### Data provided

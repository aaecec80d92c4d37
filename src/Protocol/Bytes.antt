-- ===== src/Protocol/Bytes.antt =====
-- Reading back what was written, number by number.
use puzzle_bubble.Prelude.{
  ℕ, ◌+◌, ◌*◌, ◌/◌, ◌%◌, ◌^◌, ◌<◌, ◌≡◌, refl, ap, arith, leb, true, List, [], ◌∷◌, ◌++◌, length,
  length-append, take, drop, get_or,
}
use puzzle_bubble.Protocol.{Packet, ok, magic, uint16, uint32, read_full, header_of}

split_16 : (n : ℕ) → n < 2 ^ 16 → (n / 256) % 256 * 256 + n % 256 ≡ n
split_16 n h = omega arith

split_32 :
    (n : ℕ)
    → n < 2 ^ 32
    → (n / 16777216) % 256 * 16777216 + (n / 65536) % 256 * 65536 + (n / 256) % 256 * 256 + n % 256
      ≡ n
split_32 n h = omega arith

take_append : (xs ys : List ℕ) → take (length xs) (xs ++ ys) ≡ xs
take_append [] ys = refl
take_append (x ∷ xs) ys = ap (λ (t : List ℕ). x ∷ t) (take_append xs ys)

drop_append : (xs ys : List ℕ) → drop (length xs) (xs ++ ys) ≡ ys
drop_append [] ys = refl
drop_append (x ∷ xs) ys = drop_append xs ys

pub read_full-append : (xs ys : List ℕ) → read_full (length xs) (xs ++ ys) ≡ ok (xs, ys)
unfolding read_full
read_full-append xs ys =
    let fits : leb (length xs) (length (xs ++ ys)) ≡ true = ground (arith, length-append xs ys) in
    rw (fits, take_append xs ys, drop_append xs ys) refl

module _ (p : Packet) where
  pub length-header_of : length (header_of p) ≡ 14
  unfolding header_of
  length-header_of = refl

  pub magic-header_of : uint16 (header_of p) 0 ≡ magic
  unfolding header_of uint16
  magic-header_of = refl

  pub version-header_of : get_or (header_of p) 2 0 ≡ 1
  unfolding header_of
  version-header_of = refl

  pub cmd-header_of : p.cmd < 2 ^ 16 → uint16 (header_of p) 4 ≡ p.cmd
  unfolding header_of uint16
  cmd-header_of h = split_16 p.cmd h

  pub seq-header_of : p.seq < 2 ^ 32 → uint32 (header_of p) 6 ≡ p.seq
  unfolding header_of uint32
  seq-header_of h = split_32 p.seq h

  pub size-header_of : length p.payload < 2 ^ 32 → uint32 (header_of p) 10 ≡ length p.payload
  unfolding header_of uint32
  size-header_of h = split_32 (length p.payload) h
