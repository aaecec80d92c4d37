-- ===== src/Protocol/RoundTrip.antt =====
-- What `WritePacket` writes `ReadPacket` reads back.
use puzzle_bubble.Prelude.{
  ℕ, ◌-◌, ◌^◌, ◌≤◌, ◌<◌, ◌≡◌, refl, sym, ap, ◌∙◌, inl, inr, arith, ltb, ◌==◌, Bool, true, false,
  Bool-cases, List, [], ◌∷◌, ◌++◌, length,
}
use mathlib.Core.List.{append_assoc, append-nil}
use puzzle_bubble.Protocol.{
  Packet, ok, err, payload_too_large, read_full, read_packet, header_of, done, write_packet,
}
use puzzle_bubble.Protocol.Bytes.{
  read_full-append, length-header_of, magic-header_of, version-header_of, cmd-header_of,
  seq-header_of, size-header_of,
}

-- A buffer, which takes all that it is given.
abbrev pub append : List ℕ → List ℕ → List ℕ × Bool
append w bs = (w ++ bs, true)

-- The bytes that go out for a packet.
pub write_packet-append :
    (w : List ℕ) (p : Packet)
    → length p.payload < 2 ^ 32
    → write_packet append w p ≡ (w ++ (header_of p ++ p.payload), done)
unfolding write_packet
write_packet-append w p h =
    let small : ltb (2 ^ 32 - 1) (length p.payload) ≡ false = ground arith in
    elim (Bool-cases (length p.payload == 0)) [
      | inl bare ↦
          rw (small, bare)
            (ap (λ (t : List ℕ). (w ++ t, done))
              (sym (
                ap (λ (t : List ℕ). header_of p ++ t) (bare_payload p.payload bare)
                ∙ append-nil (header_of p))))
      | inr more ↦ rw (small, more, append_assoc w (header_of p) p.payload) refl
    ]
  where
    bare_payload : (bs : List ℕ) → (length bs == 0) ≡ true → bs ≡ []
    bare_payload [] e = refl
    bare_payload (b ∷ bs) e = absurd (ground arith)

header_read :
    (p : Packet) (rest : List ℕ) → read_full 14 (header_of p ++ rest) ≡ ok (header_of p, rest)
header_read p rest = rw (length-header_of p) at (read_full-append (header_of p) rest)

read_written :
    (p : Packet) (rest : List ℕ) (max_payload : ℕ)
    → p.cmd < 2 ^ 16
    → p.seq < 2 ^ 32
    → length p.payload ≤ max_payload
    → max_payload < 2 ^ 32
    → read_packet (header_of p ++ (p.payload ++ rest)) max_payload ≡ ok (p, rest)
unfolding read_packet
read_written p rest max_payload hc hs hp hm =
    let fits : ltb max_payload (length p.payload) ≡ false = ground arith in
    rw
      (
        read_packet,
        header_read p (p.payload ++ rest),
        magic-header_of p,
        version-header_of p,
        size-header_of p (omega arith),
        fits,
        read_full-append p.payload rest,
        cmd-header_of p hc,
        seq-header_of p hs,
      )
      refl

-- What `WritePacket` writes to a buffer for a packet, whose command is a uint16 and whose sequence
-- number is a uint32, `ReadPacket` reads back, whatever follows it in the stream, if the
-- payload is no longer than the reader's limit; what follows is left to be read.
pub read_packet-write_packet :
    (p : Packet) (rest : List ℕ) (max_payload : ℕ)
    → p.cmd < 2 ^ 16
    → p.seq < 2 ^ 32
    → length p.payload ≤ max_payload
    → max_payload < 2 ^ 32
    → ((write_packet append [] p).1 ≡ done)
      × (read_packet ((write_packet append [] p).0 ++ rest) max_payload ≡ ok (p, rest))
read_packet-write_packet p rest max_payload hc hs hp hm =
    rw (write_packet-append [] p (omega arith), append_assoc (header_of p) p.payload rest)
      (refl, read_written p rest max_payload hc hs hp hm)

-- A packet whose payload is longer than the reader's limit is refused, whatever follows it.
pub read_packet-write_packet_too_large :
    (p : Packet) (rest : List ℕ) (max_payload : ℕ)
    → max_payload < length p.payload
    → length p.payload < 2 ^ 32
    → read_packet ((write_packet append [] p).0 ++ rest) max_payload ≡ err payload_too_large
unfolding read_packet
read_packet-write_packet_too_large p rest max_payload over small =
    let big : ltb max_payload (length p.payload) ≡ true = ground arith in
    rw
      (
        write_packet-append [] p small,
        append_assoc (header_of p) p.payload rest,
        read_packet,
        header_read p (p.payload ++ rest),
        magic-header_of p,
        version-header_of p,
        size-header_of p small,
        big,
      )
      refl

### Work request
Reproduce the records above exactly.

### Task solution
repository aaecec80d92c4d37
filename src/Protocol/Bytes.antt
-- ===== src/Protocol/Bytes.antt =====
-- Reading back what was written, number by number.
use puzzle_bubble.Prelude.{
  ℕ, ◌+◌, ◌*◌, ◌/◌, ◌%◌, ◌^◌, ◌<◌, ◌≡◌, refl, ap, arith, leb, true, List, [], ◌∷◌, ◌++◌, length,
  length-append, take, drop, get_or,
}
use puzzle_bubble.Protocol.{Packet, ok, magic, uint16, uint32, read_full, header_of}

split_16 : (n : ℕ) → n < 2 ^ 16 → (n / 256) % 256 * 256 + n % 256 ≡ n
split_16 n h = omega arith

split_32 :
    (n : ℕ)
    → n < 2 ^ 32
    → (n / 16777216) % 256 * 16777216 + (n / 65536) % 256 * 65536 + (n / 256) % 256 * 256 + n % 256
      ≡ n
split_32 n h = omega arith

take_append : (xs ys : List ℕ) → take (length xs) (xs ++ ys) ≡ xs
take_append [] ys = refl
take_append (x ∷ xs) ys = ap (λ (t : List ℕ). x ∷ t) (take_append xs ys)

drop_append : (xs ys : List ℕ) → drop (length xs) (xs ++ ys) ≡ ys
drop_append [] ys = refl
drop_append (x ∷ xs) ys = drop_append xs ys

pub read_full-append : (xs ys : List ℕ) → read_full (length xs) (xs ++ ys) ≡ ok (xs, ys)
unfolding read_full
read_full-append xs ys =
    let fits : leb (length xs) (length (xs ++ ys)) ≡ true = ground (arith, length-append xs ys) in
    rw (fits, take_append xs ys, drop_append xs ys) refl

module _ (p : Packet) where
  pub length-header_of : length (header_of p) ≡ 14
  unfolding header_of
  length-header_of = refl

  pub magic-header_of : uint16 (header_of p) 0 ≡ magic
  unfolding header_of uint16
  magic-header_of = refl

  pub version-header_of : get_or (header_of p) 2 0 ≡ 1
  unfolding header_of
  version-header_of = refl

  pub cmd-header_of : p.cmd < 2 ^ 16 → uint16 (header_of p) 4 ≡ p.cmd
  unfolding header_of uint16
  cmd-header_of h = split_16 p.cmd h

  pub seq-header_of : p.seq < 2 ^ 32 → uint32 (header_of p) 6 ≡ p.seq
  unfolding header_of uint32
  seq-header_of h = split_32 p.seq h

  pub size-header_of : length p.payload < 2 ^ 32 → uint32 (header_of p) 10 ≡ length p.payload
  unfolding header_of uint32
  size-header_of h = split_32 (length p.payload) h
repository aaecec80d92c4d37
-- ===== src/Protocol/RoundTrip.antt =====
-- What `WritePacket` writes `ReadPacket` reads back.
use puzzle_bubble.Prelude.{
  ℕ, ◌-◌, ◌^◌, ◌≤◌, ◌<◌, ◌≡◌, refl, sym, ap, ◌∙◌, inl, inr, arith, ltb, ◌==◌, Bool, true, false,
  Bool-cases, List, [], ◌∷◌, ◌++◌, length,
}
use mathlib.Core.List.{append_assoc, append-nil}
use puzzle_bubble.Protocol.{
  Packet, ok, err, payload_too_large, read_full, read_packet, header_of, done, write_packet,
}
use puzzle_bubble.Protocol.Bytes.{
  read_full-append, length-header_of, magic-header_of, version-header_of, cmd-header_of,
  seq-header_of, size-header_of,
}

-- A buffer, which takes all that it is given.
abbrev pub append : List ℕ → List ℕ → List ℕ × Bool
append w bs = (w ++ bs, true)

-- The bytes that go out for a packet.
pub write_packet-append :
    (w : List ℕ) (p : Packet)
    → length p.payload < 2 ^ 32
    → write_packet append w p ≡ (w ++ (header_of p ++ p.payload), done)
unfolding write_packet
write_packet-append w p h =
    let small : ltb (2 ^ 32 - 1) (length p.payload) ≡ false = ground arith in
    elim (Bool-cases (length p.payload == 0)) [
      | inl bare ↦
          rw (small, bare)
            (ap (λ (t : List ℕ). (w ++ t, done))
              (sym (
                ap (λ (t : List ℕ). header_of p ++ t) (bare_payload p.payload bare)
                ∙ append-nil (header_of p))))
      | inr more ↦ rw (small, more, append_assoc w (header_of p) p.payload) refl
    ]
  where
    bare_payload : (bs : List ℕ) → (length bs == 0) ≡ true → bs ≡ []
    bare_payload [] e = refl
    bare_payload (b ∷ bs) e = absurd (ground arith)

header_read :
    (p : Packet) (rest : List ℕ) → read_full 14 (header_of p ++ rest) ≡ ok (header_of p, rest)
header_read p rest = rw (length-header_of p) at (read_full-append (header_of p) rest)

read_written :
    (p : Packet) (rest : List ℕ) (max_payload : ℕ)
    → p.cmd < 2 ^ 16
    → p.seq < 2 ^ 32
    → length p.payload ≤ max_payload
    → max_payload < 2 ^ 32
    → read_packet (header_of p ++ (p.payload ++ rest)) max_payload ≡ ok (p, rest)
unfolding read_packet
read_written p rest max_payload hc hs hp hm =
    let fits : ltb max_payload (length p.payload) ≡ false = ground arith in
    rw
      (
        read_packet,
        header_read p (p.payload ++ rest),
        magic-header_of p,
        version-header_of p,
        size-header_of p (omega arith),
        fits,
        read_full-append p.payload rest,
        cmd-header_of p hc,
        seq-header_of p hs,
      )
      refl

-- What `WritePacket` writes to a buffer for a packet, whose command is a uint16 and whose sequence
-- number is a uint32, `ReadPacket` reads back, whatever follows it in the stream, if the
-- payload is no longer than the reader's limit; what follows is left to be read.
pub read_packet-write_packet :
    (p : Packet) (rest : List ℕ) (max_payload : ℕ)
    → p.cmd < 2 ^ 16
    → p.seq < 2 ^ 32
    → length p.payload ≤ max_payload
    → max_payload < 2 ^ 32
    → ((write_packet append [] p).1 ≡ done)
      × (read_packet ((write_packet append [] p).0 ++ rest) max_payload ≡ ok (p, rest))
read_packet-write_packet p rest max_payload hc hs hp hm =
    rw (write_packet-append [] p (omega arith), append_assoc (header_of p) p.payload rest)
      (refl, read_written p rest max_payload hc hs hp hm)

-- A packet whose payload is longer than the reader's limit is refused, whatever follows it.
pub read_packet-write_packet_too_large :
    (p : Packet) (rest : List ℕ) (max_payload : ℕ)
    → max_payload < length p.payload
    → length p.payload < 2 ^ 32
    → read_packet ((write_packet append [] p).0 ++ rest) max_payload ≡ err payload_too_large
unfolding read_packet
read_packet-write_packet_too_large p rest max_payload over small =
    let big : ltb max_payload (length p.payload) ≡ true = ground arith in
    rw
      (
        write_packet-append [] p small,
        append_assoc (header_of p) p.payload rest,
        read_packet,
        header_read p (p.payload ++ rest),
        magic-header_of p,
        version-header_of p,
        size-header_of p small,
        big,
      )
      refl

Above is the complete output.